▶ **HOW TO COMPLETE THIS TASK**
Write out every line of the data below exactly as given.

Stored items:
============================================================
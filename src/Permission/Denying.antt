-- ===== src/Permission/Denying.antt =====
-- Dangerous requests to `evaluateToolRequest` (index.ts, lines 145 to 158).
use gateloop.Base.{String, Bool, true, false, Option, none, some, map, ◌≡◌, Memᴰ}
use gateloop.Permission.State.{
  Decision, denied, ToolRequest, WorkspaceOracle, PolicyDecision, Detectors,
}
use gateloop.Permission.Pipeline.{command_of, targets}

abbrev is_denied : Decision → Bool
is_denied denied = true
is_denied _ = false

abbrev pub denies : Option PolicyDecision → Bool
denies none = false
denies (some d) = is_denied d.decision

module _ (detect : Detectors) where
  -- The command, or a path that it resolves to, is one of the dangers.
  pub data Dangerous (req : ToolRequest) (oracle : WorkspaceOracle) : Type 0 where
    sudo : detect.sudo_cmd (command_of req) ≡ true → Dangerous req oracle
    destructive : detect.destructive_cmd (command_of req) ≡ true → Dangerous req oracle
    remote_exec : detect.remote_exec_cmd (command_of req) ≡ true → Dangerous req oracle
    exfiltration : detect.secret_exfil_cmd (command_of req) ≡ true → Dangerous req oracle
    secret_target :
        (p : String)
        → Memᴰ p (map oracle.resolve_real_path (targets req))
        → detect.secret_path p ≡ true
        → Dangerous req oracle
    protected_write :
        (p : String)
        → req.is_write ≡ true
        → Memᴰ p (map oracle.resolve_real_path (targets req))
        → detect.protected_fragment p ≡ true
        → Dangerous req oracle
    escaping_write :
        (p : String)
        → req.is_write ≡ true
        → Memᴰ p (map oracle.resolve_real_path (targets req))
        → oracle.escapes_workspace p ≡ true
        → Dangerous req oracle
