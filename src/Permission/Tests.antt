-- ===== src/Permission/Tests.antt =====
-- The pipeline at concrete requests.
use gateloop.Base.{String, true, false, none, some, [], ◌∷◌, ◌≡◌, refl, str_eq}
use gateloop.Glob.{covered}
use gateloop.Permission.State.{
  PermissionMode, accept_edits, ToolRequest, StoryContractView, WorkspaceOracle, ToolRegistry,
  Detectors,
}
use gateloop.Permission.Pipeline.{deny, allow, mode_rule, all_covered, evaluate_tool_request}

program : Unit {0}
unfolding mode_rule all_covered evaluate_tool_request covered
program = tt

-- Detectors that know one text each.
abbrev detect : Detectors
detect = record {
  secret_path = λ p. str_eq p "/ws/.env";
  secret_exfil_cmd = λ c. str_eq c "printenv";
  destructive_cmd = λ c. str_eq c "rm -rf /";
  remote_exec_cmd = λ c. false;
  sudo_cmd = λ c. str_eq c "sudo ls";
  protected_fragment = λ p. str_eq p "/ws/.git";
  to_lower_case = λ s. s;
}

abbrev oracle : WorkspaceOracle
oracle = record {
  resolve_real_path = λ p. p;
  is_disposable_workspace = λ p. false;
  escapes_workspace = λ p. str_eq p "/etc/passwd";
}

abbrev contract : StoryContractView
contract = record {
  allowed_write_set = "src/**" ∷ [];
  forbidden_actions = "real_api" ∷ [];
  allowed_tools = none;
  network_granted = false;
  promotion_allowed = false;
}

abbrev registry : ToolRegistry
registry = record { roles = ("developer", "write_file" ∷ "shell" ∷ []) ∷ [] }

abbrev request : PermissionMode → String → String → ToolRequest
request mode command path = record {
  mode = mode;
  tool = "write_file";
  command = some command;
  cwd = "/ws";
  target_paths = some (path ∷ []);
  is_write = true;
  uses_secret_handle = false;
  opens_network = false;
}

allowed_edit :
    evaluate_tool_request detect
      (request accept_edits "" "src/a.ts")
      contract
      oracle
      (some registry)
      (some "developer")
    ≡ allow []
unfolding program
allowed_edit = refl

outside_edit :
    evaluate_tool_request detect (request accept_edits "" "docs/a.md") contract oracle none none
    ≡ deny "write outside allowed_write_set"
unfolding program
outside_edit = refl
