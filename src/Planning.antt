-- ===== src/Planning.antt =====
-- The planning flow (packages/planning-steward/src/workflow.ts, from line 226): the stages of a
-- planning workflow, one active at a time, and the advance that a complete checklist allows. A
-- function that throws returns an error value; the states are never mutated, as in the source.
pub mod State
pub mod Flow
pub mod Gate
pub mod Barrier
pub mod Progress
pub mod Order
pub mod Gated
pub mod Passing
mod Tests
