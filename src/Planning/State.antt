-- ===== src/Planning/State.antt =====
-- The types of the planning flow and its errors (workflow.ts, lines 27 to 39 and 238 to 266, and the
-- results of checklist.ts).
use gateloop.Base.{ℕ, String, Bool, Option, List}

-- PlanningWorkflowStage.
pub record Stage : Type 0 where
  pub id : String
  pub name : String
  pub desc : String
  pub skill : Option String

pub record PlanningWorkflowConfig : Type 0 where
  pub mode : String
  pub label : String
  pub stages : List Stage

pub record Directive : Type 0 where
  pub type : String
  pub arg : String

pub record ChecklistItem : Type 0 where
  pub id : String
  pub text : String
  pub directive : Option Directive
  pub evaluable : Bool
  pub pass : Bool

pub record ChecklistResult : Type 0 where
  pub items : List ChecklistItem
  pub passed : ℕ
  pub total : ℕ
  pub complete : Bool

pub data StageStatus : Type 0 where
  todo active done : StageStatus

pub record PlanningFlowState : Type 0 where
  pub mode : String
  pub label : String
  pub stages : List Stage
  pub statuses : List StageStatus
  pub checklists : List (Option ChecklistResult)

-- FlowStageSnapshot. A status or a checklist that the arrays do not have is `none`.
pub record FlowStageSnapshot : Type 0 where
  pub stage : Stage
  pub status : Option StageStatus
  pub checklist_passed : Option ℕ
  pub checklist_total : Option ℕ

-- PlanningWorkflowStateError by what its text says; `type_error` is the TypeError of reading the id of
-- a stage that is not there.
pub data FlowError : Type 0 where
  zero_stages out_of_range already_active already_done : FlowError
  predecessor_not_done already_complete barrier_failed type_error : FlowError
============================================================
▶ **EXPECTED ANSWER**
filename src/Permission/Denying.antt
-- ===== src/Permission/Denying.antt =====
-- Dangerous requests to `evaluateToolRequest` (index.ts, lines 145 to 158).
use gateloop.Base.{String, Bool, true, false, Option, none, some, map, ◌≡◌, Memᴰ}
use gateloop.Permission.State.{
  Decision, denied, ToolRequest, WorkspaceOracle, PolicyDecision, Detectors,
}
use gateloop.Permission.Pipeline.{command_of, targets}

abbrev is_denied : Decision → Bool
is_denied denied = true
is_denied _ = false

abbrev pub denies : Option PolicyDecision → Bool
denies none = false
denies (some d) = is_denied d.decision

module _ (detect : Detectors) where
  -- The command, or a path that it resolves to, is one of the dangers.
  pub data Dangerous (req : ToolRequest) (oracle : WorkspaceOracle) : Type 0 where
    sudo : detect.sudo_cmd (command_of req) ≡ true → Dangerous req oracle
    destructive : detect.destructive_cmd (command_of req) ≡ true → Dangerous req oracle
    remote_exec : detect.remote_exec_cmd (command_of req) ≡ true → Dangerous req oracle
    exfiltration : detect.secret_exfil_cmd (command_of req) ≡ true → Dangerous req oracle
    secret_target :
        (p : String)
        → Memᴰ p (map oracle.resolve_real_path (targets req))
        → detect.secret_path p ≡ true
        → Dangerous req oracle
    protected_write :
        (p : String)
        → req.is_write ≡ true
        → Memᴰ p (map oracle.resolve_real_path (targets req))
        → detect.protected_fragment p ≡ true
        → Dangerous req oracle
    escaping_write :
        (p : String)
        → req.is_write ≡ true
        → Memᴰ p (map oracle.resolve_real_path (targets req))
        → oracle.escapes_workspace p ≡ true
        → Dangerous req oracle
filename src/Permission/Tests.antt
-- ===== src/Permission/Tests.antt =====
-- The pipeline at concrete requests.
use gateloop.Base.{String, true, false, none, some, [], ◌∷◌, ◌≡◌, refl, str_eq}
use gateloop.Glob.{covered}
use gateloop.Permission.State.{
  PermissionMode, accept_edits, ToolRequest, StoryContractView, WorkspaceOracle, ToolRegistry,
  Detectors,
}
use gateloop.Permission.Pipeline.{deny, allow, mode_rule, all_covered, evaluate_tool_request}

program : Unit {0}
unfolding mode_rule all_covered evaluate_tool_request covered
program = tt

-- Detectors that know one text each.
abbrev detect : Detectors
detect = record {
  secret_path = λ p. str_eq p "/ws/.env";
  secret_exfil_cmd = λ c. str_eq c "printenv";
  destructive_cmd = λ c. str_eq c "rm -rf /";
  remote_exec_cmd = λ c. false;
  sudo_cmd = λ c. str_eq c "sudo ls";
  protected_fragment = λ p. str_eq p "/ws/.git";
  to_lower_case = λ s. s;
}

abbrev oracle : WorkspaceOracle
oracle = record {
  resolve_real_path = λ p. p;
  is_disposable_workspace = λ p. false;
  escapes_workspace = λ p. str_eq p "/etc/passwd";
}

abbrev contract : StoryContractView
contract = record {
  allowed_write_set = "src/**" ∷ [];
  forbidden_actions = "real_api" ∷ [];
  allowed_tools = none;
  network_granted = false;
  promotion_allowed = false;
}

abbrev registry : ToolRegistry
registry = record { roles = ("developer", "write_file" ∷ "shell" ∷ []) ∷ [] }

abbrev request : PermissionMode → String → String → ToolRequest
request mode command path = record {
  mode = mode;
  tool = "write_file";
  command = some command;
  cwd = "/ws";
  target_paths = some (path ∷ []);
  is_write = true;
  uses_secret_handle = false;
  opens_network = false;
}

allowed_edit :
    evaluate_tool_request detect
      (request accept_edits "" "src/a.ts")
      contract
      oracle
      (some registry)
      (some "developer")
    ≡ allow []
unfolding program
allowed_edit = refl

outside_edit :
    evaluate_tool_request detect (request accept_edits "" "docs/a.md") contract oracle none none
    ≡ deny "write outside allowed_write_set"
unfolding program
outside_edit = refl
filename src/Planning.antt
-- ===== src/Planning.antt =====
-- The planning flow (packages/planning-steward/src/workflow.ts, from line 226): the stages of a
-- planning workflow, one active at a time, and the advance that a complete checklist allows. A
-- function that throws returns an error value; the states are never mutated, as in the source.
pub mod State
pub mod Flow
pub mod Gate
pub mod Barrier
pub mod Progress
pub mod Order
pub mod Gated
pub mod Passing
mod Tests
filename src/Planning/State.antt
-- ===== src/Planning/State.antt =====
-- The types of the planning flow and its errors (workflow.ts, lines 27 to 39 and 238 to 266, and the
-- results of checklist.ts).
use gateloop.Base.{ℕ, String, Bool, Option, List}

-- PlanningWorkflowStage.
pub record Stage : Type 0 where
  pub id : String
  pub name : String
  pub desc : String
  pub skill : Option String

pub record PlanningWorkflowConfig : Type 0 where
  pub mode : String
  pub label : String
  pub stages : List Stage

pub record Directive : Type 0 where
  pub type : String
  pub arg : String

pub record ChecklistItem : Type 0 where
  pub id : String
  pub text : String
  pub directive : Option Directive
  pub evaluable : Bool
  pub pass : Bool

pub record ChecklistResult : Type 0 where
  pub items : List ChecklistItem
  pub passed : ℕ
  pub total : ℕ
  pub complete : Bool

pub data StageStatus : Type 0 where
  todo active done : StageStatus

pub record PlanningFlowState : Type 0 where
  pub mode : String
  pub label : String
  pub stages : List Stage
  pub statuses : List StageStatus
  pub checklists : List (Option ChecklistResult)

-- FlowStageSnapshot. A status or a checklist that the arrays do not have is `none`.
pub record FlowStageSnapshot : Type 0 where
  pub stage : Stage
  pub status : Option StageStatus
  pub checklist_passed : Option ℕ
  pub checklist_total : Option ℕ

-- PlanningWorkflowStateError by what its text says; `type_error` is the TypeError of reading the id of
-- a stage that is not there.
pub data FlowError : Type 0 where
  zero_stages out_of_range already_active already_done : FlowError
  predecessor_not_done already_complete barrier_failed type_error : FlowError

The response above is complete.